So I used QMAKE_YACCFLAGS_MANGLE, which aren't documented. I think that it is supposed to allow you to change the way that variables are names (default prefix is "yy_", default qmake prefix is "<myfile>". I've kept this prefix, but forced bison to generate "y.tab.h" and "y.tab.c", which is what qmake needs for the subsequent rename and then compile. Phew!
My solution on Solaris didn't work on Linux. This time, I used the same bison option to control the output file name, but I also needed -d to generate the header file. I also had to clear QMAKE_YACC_HEADER/QMAKE_YACC_SOURCE.
Using the sfw version of bison, 1.35
solaris-cc {
QMAKE_YACCFLAGS_MANGLE = -o y.tab.c -p $base
}
linux-g++ {
QMAKE_YACCFLAGS = -d -o y.tab.c
QMAKE_YACC_HEADER =
QMAKE_YACC_SOURCE =
}
From qt-interest mailing list
You can at least make "custom targets", such as for 'make strip'. See docs about qmake. Not sure how to run them automatically after linking though.

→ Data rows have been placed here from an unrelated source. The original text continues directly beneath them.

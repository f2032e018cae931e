-- ===== src/Utils/Exchanged.antt =====
-- utils/openssl_utils.rs against the laws that kem/ec_kem.rs asks of its interface.
use qubitcrypt.Prelude.{ℕ, ◌≡◌, refl, ap, ◌∙◌, some}
use qubitcrypt.Outcome.{Bytes, ok, ok_or, ok_or-eq-ok, >>=-returns, ok-injective, unknown}
use qubitcrypt.Effect.{attempt, after-returns}
use qubitcrypt.Kem.Ec.{Nid}
use qubitcrypt.Kem.Ec.Correct as Ec
use qubitcrypt.Utils.{
  RawId, Openssl, encaps_ec_based, decaps_ec_based, get_key_pair_pkey_based, encaps_pkey_based,
  decaps_pkey_based,
}
use qubitcrypt.Utils.Filled.{raw_of, kem_utils}
use qubitcrypt.Utils.Lawful.{
  IsLawful, EcPair, RawPair, generated-EcPair, generated_with_rng-EcPair, generated-RawPair,
  generated_with_rng-RawPair, private_of-pair, public_of-point, EcPair-written,
}

module _ {W R : Type 0} (o : Openssl W R) (l : IsLawful o) where
  decaps-encaps_ec :
      (n : Nid) (pk sk : Bytes)
      → EcPair o n pk sk
      → (w : W) (ss ct : Bytes) (w' : W) → encaps_ec_based o n pk w ≡ (ok (ss, ct), w')
      → decaps_ec_based o n sk ct ≡ ok ss
  unfolding encaps_ec_based decaps_ec_based
  decaps-encaps_ec n pk sk pair w ss ct w' h =
      let (a, ea, private) = private_of-pair o l n pk sk pair in
      let (p, c, ep, ec, public) =
        public_of-point o l pair.group pair.key pk (EcPair-written o l n pk sk pair) in
      let (k, v, e₁, r₁) =
        after-returns (attempt unknown (o.generate pair.group) w) _
          (rw (pair.curve, public) at h) in
      let (b, e₂, r₂) =
        >>=-returns (ok_or unknown (o.private_from_ec pair.group k)) _ (ap (λ x. x.0) r₁) in
      let (s, e₃, r₃) = >>=-returns (ok_or unknown (o.derive b c)) _ r₂ in
      let (t, e₄, r₄) =
        >>=-returns (ok_or unknown (o.point_to_bytes pair.group (o.public_key pair.group k))) _
          r₃ in
      let sent = ok-injective r₄ in
      let (q, d, eq, ed, peer) =
        public_of-point o l pair.group k ct (ok_or-eq-ok unknown _ e₄ ∙ ap (λ x. some x.1) sent) in
      let secret : o.derive a d ≡ some ss =
        l.ec_agrees pair.group pair.key k a b p q c d ea (ok_or-eq-ok unknown _ e₂) ep eq ec ed
        ∙ (ok_or-eq-ok unknown _ e₃ ∙ ap (λ x. some x.0) sent) in
      rw (pair.curve, private, peer, secret) refl

  decaps-encaps_pkey :
      (i : RawId) (pk sk : Bytes)
      → RawPair o i pk sk
      → (w : W) (ss ct : Bytes) (w' : W) → encaps_pkey_based o pk i w ≡ (ok (ss, ct), w')
      → decaps_pkey_based o sk ct i ≡ ok ss
  unfolding encaps_pkey_based decaps_pkey_based
  decaps-encaps_pkey i pk sk pair w ss ct w' h =
      let (ephemeral, v, e₁, r₁) = after-returns (get_key_pair_pkey_based o i w) _ h in
      let (k, e₂, r₂) =
        >>=-returns (ok_or unknown (o.private_key_from_raw_bytes ephemeral.1 i)) _
          (ap (λ x. x.0) r₁) in
      let (c, e₃, r₃) = >>=-returns (ok_or unknown (o.public_key_from_raw_bytes pk i)) _ r₂ in
      let (s, e₄, r₄) = >>=-returns (ok_or unknown (o.derive k c)) _ r₃ in
      let (t, e₅, r₅) = >>=-returns (ok_or unknown (o.raw_public_key k)) _ r₄ in
      let sent = ok-injective r₅ in
      let made = ok_or-eq-ok unknown _ e₂ in
      let written = ok_or-eq-ok unknown _ e₅ ∙ ap (λ x. some x.1) sent in
      let (d, peer) = l.raw_public i ephemeral.1 k ct made written in
      let secret : o.derive pair.key d ≡ some ss =
        l.raw_agrees i sk ephemeral.1 pair.key k pk ct c d pair.read made pair.public written
          (ok_or-eq-ok unknown _ e₃) peer
        ∙ (ok_or-eq-ok unknown _ e₄ ∙ ap (λ x. some x.0) sent) in
      rw (pair.read, peer, secret) refl

  pub kem_utils-IsLawful : (fuel : ℕ) → Ec.IsLawful (kem_utils fuel o)
  kem_utils-IsLawful fuel = record {
    ec = λ n w pk sk w' h. decaps-encaps_ec n pk sk (generated-EcPair o l n w pk sk w' h);
    ec_with_rng = λ n r pk sk r' h.
        decaps-encaps_ec n pk sk (generated_with_rng-EcPair o l fuel n r pk sk r' h);
    pkey = λ i w pk sk w' h.
        decaps-encaps_pkey (raw_of i) pk sk (generated-RawPair o l (raw_of i) w pk sk w' h);
    pkey_with_rng = λ i r pk sk r' h.
        decaps-encaps_pkey (raw_of i) pk sk
          (generated_with_rng-RawPair o l (raw_of i) r pk sk r' h);
  }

Example (for running doxygen over the sources with 'make doc'):
# custom target 'doc' in *.pro file
dox.target = doc
dox.commands = doxygen Doxyfile; \
test -d doxydoc/html/images || mkdir doxydoc/html/images; \
cp documentation/images/* doxydoc/html/images
dox.depends =
...
# somewhere else in the *.pro file
QMAKE_EXTRA_UNIX_TARGETS += dox
From qt-interest mailing list
You can use something like this in the .pro file (untested):
unix:QMAKE_POST_LINK=strip $(TARGET)
!unix:QMAKE_POST_LINK=xxx $(TARGET)
Replace xxx with the same line but with whatever the strip command is called on Windows.
Perhaps the simplest is something like
system(cd contrib/ssh-askpass && $${MAKECMD})
Where you would have previously set the appropriate MAKECMD.
I had a lengthy battle at my place of work getting something like "make install_headers" to work (or even better, to be done as a pre-requisite before any other targets, so just typing make will pre-install any exported headers). Why? Well, we have a lot of source that includes headers in the common unix way as #include <library/header.h>, in particular when the headers are going to be exported. This poses no problem for a library that has all such headers in a directory "basedir/include/library", you can just add INCLUDEPATH += include, and all will be well.
When the files aren't organized in this way, there are three possibilities.
As you may have gathered, it's number three that I'm going to pursue here. I've had three goes at solving this problem, all with varying degrees of success. Sadly none of them seems to be 100% reliable on all platforms. I usually find that solutions 2 and 3 take a few iterations of qmake and make before everything settles down (i.e., the intermediate moc and ui generated files have been generated).
This sounds like it fits the bill, but unfortunately, there are a couple of gotchas, which I'll come to shortly.
Here's how it works. You define a compound variable (I usually call it "headers". If you need more than one destination, you'll need more than one compound variable. Within your variable, you define the path (where the files will go) and the files (which files to copy).
Example. This assumes that you've already defined INSTALLBASE, TARGET, VERSION and HEADERS.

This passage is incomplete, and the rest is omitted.